Saved entries
= = = = = = =
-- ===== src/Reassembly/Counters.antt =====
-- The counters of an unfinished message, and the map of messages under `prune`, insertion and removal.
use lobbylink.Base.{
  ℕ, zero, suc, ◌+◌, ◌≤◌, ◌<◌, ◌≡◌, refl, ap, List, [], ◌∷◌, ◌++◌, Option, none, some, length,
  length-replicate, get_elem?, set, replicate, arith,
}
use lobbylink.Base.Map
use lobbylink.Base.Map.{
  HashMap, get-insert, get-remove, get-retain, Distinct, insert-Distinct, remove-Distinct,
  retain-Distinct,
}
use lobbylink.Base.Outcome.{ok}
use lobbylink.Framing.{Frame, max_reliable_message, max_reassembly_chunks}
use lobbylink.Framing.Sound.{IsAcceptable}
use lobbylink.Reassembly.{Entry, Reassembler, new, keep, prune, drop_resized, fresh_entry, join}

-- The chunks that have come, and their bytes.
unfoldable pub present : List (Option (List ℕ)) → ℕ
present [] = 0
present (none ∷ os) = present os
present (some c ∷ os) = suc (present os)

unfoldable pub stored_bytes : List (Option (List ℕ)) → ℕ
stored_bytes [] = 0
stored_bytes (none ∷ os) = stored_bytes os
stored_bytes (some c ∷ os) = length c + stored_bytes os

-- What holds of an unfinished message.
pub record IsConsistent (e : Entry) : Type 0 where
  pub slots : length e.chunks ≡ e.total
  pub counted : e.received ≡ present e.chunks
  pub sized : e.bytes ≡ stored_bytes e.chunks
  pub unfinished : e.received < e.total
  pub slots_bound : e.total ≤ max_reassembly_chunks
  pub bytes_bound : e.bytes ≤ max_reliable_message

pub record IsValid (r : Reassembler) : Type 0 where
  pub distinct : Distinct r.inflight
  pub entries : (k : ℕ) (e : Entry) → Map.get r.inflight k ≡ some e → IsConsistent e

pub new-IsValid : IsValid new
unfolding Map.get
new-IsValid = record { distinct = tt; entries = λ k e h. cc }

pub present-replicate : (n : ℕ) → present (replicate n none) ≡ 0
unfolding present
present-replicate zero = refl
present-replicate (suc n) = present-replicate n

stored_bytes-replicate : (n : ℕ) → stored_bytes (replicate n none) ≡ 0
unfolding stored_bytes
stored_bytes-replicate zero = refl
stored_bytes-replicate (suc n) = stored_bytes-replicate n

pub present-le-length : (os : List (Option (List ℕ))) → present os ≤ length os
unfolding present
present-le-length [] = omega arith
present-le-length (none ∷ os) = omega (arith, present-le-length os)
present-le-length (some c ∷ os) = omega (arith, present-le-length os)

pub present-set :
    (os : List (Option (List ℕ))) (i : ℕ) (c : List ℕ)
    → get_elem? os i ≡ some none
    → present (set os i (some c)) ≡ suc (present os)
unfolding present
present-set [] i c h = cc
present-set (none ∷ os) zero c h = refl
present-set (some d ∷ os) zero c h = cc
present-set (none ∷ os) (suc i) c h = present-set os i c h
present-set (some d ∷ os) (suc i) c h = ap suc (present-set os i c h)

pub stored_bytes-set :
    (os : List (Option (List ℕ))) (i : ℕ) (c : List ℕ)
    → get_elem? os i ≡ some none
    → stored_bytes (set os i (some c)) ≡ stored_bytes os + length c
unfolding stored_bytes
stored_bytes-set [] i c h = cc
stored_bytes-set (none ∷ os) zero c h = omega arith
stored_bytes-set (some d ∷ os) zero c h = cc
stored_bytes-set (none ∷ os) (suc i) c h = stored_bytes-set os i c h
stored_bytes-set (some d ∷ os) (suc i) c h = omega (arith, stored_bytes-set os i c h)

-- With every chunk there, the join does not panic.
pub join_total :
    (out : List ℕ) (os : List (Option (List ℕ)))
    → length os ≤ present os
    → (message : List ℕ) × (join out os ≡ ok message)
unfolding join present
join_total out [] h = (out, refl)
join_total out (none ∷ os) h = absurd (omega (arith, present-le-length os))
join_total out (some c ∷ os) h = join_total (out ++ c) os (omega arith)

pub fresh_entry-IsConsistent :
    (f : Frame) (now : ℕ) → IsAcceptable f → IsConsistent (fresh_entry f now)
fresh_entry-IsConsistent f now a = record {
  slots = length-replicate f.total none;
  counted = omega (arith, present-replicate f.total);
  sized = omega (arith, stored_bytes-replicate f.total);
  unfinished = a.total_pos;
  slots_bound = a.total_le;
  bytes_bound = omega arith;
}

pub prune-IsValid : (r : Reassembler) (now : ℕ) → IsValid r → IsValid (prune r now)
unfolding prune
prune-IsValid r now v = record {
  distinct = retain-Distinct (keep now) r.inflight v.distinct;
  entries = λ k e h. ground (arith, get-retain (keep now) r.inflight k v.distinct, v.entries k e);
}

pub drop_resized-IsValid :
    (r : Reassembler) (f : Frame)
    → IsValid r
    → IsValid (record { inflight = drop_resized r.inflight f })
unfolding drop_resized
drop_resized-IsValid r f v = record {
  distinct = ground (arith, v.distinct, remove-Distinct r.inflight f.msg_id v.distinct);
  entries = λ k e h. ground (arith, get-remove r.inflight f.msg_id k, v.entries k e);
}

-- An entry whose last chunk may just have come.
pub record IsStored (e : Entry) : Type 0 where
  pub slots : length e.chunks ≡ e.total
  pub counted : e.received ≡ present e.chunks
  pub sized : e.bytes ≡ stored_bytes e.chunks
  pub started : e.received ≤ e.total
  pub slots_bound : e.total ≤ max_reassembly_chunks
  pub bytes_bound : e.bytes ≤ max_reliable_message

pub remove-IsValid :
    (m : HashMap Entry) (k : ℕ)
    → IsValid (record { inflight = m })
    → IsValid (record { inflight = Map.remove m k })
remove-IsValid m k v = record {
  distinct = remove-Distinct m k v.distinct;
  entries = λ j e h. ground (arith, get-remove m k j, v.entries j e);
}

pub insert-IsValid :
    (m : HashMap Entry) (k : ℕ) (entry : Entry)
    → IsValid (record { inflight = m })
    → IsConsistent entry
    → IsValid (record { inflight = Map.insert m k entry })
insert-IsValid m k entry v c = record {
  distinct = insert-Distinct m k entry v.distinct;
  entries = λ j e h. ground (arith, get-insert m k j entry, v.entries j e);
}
= = = = = = =
_Problem to work on_
Check each line above for the word "ground". Then state how many lines contain it, and nothing more.

_Output below_
5